▸ **TASK DETAILS**: Each line of the listing that includes the string "insert" is to be identified and copied.

▸ **TASK DATA**:
-- ===== src/PubSub/Convert.antt =====
-- crates/open-functions-core/src/pubsub/convert.rs: from the body of a push delivery to the
-- CloudEvent that a function gets. JSON, base64, dates and events are of other crates: `Json` and
-- `Formats`.
pub mod Accepts
pub mod Again
use open_functions.Prelude.{
  ℕ, Bytes, codes, Bool, true, false, Option, none, some, unwrap_or, List, [], ◌∷◌, ◌++◌, Dict,
  Result, ok, err, ◌>>=◌, if◌then◌else◌, ltb, ◌^◌,
}
use open_functions.Store.{not_after}

-- `serde_json`: `Object` is its `Map`, and `entries` the order in which `iter` goes through it.
pub record Json : Type 1 where
  pub Value : Type 0
  pub Object : Type 0
  pub from_slice : Bytes → Option Value
  pub to_vec : Value → Option Bytes
  pub as_object : Value → Option Object
  pub as_str : Value → Option Bytes
  pub as_u64 : Value → Option ℕ
  pub is_null : Value → Bool
  pub show : Value → Bytes
  pub get : Bytes → Object → Option Value
  pub entries : Object → List (Bytes × Value)
  pub new : Object
  pub insert : Bytes → Value → Object → Object
  pub string : Bytes → Value
  pub number : ℕ → Value
  pub object : Object → Value
  pub of_map : Dict Bytes Bytes → Option Value

-- `base64`'s standard engine, `chrono`'s RFC 3339 and `cloudevents`' builder.
pub record Formats (j : Json) : Type 1 where
  pub Event : Type 0
  pub decode : Bytes → Option Bytes
  pub encode : Bytes → Bytes
  pub parse_time : Bytes → Option ℕ
  pub build : (id source ty : Bytes) (time : ℕ) → j.Value → Option Event
  pub default_event : Event
  pub id : Event → Bytes
  pub source : Event → Bytes
  pub ty : Event → Bytes
  pub time : Event → Option ℕ
  pub data_of : Event → Option (j.Value)

pub data PushConvertError : Type 0 where
  invalid_json not_an_object missing_message invalid_base64 : PushConvertError

pub record PushEnvelope : Type 0 where
  pub message_id : Bytes
  pub publish_time : Bytes
  pub decoded : Bytes
  pub attributes : Dict Bytes Bytes
  pub ordering_key : Option Bytes
  pub subscription : Bytes
  pub delivery_attempt : Option ℕ

-- `BTreeMap::insert` of a key that is not there.
unfoldable pub put_entry : Bytes → Bytes → Dict Bytes Bytes → Dict Bytes Bytes
put_entry k v [] = (k, v) ∷ []
put_entry k v ((j, w) ∷ m) =
    let rest = put_entry k v m in if not_after k j then (k, v) ∷ (j, w) ∷ m else (j, w) ∷ rest

-- `ok_or`
abbrev pub ok_or : {E A : Type 0} → Option A → E → Result E A
ok_or none e = err e
ok_or (some a) e = ok a

-- `a.or_else(|| b)`
abbrev pub or_else : {A : Type 0} → Option A → Option A → Option A
or_else none b = b
or_else (some a) b = some a

-- `a.and_then(f)`
abbrev pub and_then : {A B : Type 0} → Option A → (A → Option B) → Option B
and_then none f = none
and_then (some a) f = f a

module _ (j : Json) where
  unfoldable pub string_field : j.Object → Bytes → Option Bytes
  string_field obj key = and_then (j.get key obj) (j.as_str)

  unfoldable pub json_value_to_attr_string : j.Value → Bytes
  json_value_to_attr_string v = unwrap_or (j.as_str v) (j.show v)

  -- The keys of an object are distinct, so it does not matter which entry is put first.
  unfoldable pub attributes_of : List (Bytes × j.Value) → Dict Bytes Bytes
  unfolding json_value_to_attr_string
  attributes_of [] = []
  attributes_of ((k, v) ∷ es) = put_entry k (json_value_to_attr_string v) (attributes_of es)

  -- `u32::try_from(n).ok()`
  abbrev pub to_u32 : ℕ → Option ℕ
  to_u32 n = if ltb n (2 ^ 32) then some n else none

module _ (j : Json) (f : Formats j) where
  unfoldable pub message_data : j.Object → Result PushConvertError Bytes
  message_data message = elim (j.get (codes "data") message) [
    | none ↦ ok []
    | some v ↦
        let content : Result PushConvertError Bytes = elim (j.as_str v) [
          | none ↦ err invalid_base64
          | some s ↦ ok_or (f.decode s) invalid_base64
        ] in
        if j.is_null v then ok [] else content
  ]

  -- `received_at` is what `Utc::now().to_rfc3339()` gives.
  unfoldable pub envelope_of :
      (received_at : Bytes) → j.Object → j.Object → (content : Bytes) → PushEnvelope
  envelope_of received_at root message content = record {
    message_id =
        unwrap_or
          (or_else (string_field j message (codes "messageId"))
            (string_field j message (codes "message_id")))
          [];
    publish_time =
        unwrap_or
          (or_else (string_field j message (codes "publishTime"))
            (string_field j message (codes "publish_time")))
          received_at;
    decoded = content;
    attributes = elim (and_then (j.get (codes "attributes") message) (j.as_object)) [
      | none ↦ []
      | some obj ↦ attributes_of j (j.entries obj)
    ];
    ordering_key = string_field j message (codes "orderingKey");
    subscription = unwrap_or (string_field j root (codes "subscription")) [];
    delivery_attempt =
        and_then (and_then (j.get (codes "deliveryAttempt") root) (j.as_u64)) (to_u32 j);
  }

  unfoldable pub parse_push_envelope :
      (received_at : Bytes) → Bytes → Result PushConvertError PushEnvelope
  unfolding message_data envelope_of
  parse_push_envelope received_at raw = do
    root ← ok_or (j.from_slice raw) invalid_json
    root_object ← ok_or (j.as_object root) not_an_object
    message ← ok_or (and_then (j.get (codes "message") root_object) (j.as_object)) missing_message
    content ← message_data message
    ok (envelope_of received_at root_object message content)

pub record CloudEventParams : Type 0 where
  pub project : Bytes
  pub topic : Bytes

module _ (j : Json) (f : Formats j) where
  unfoldable pub message_of : PushEnvelope → j.Object
  message_of e =
      let attributes = unwrap_or (j.of_map (e.attributes)) (j.object (j.new)) in
      j.insert (codes "orderingKey") (j.string (unwrap_or (e.ordering_key) [])) (
        j.insert (codes "publishTime") (j.string (e.publish_time)) (
          j.insert (codes "messageId") (j.string (e.message_id)) (
            j.insert (codes "attributes") attributes
              (j.insert (codes "data") (j.string (f.encode (e.decoded))) (j.new)))))

  abbrev pub with_attempt : Option ℕ → j.Object → j.Object
  with_attempt none o = o
  with_attempt (some n) o = j.insert (codes "deliveryAttempt") (j.number n) o

  unfoldable pub event_data : PushEnvelope → j.Value
  unfolding message_of
  event_data e = j.object (
      with_attempt (e.delivery_attempt) (
        j.insert (codes "subscription") (j.string (e.subscription))
          (j.insert (codes "message") (j.object (message_of e)) (j.new))))

  -- `now` is the receipt time.
  unfoldable pub to_cloud_event : (now : ℕ) → PushEnvelope → CloudEventParams → f.Event
  unfolding event_data
  to_cloud_event now e params =
      let source =
        codes "//pubsub.googleapis.com/projects/"
        ++ params.project
        ++ codes "/topics/"
        ++ params.topic in
      let time = unwrap_or (f.parse_time (e.publish_time)) now in
      unwrap_or
        (f.build (e.message_id) source (codes "google.cloud.pubsub.topic.v1.messagePublished") time
          (event_data e))
        (f.default_event)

▸ **ANSWER TO THIS TASK**:
  pub insert : Bytes → Value → Object → Object
-- `BTreeMap::insert` of a key that is not there.
      j.insert (codes "orderingKey") (j.string (unwrap_or (e.ordering_key) [])) (
        j.insert (codes "publishTime") (j.string (e.publish_time)) (
          j.insert (codes "messageId") (j.string (e.message_id)) (
            j.insert (codes "attributes") attributes
              (j.insert (codes "data") (j.string (f.encode (e.decoded))) (j.new)))))
  with_attempt (some n) o = j.insert (codes "deliveryAttempt") (j.number n) o
        j.insert (codes "subscription") (j.string (e.subscription))
          (j.insert (codes "message") (j.object (message_of e)) (j.new))))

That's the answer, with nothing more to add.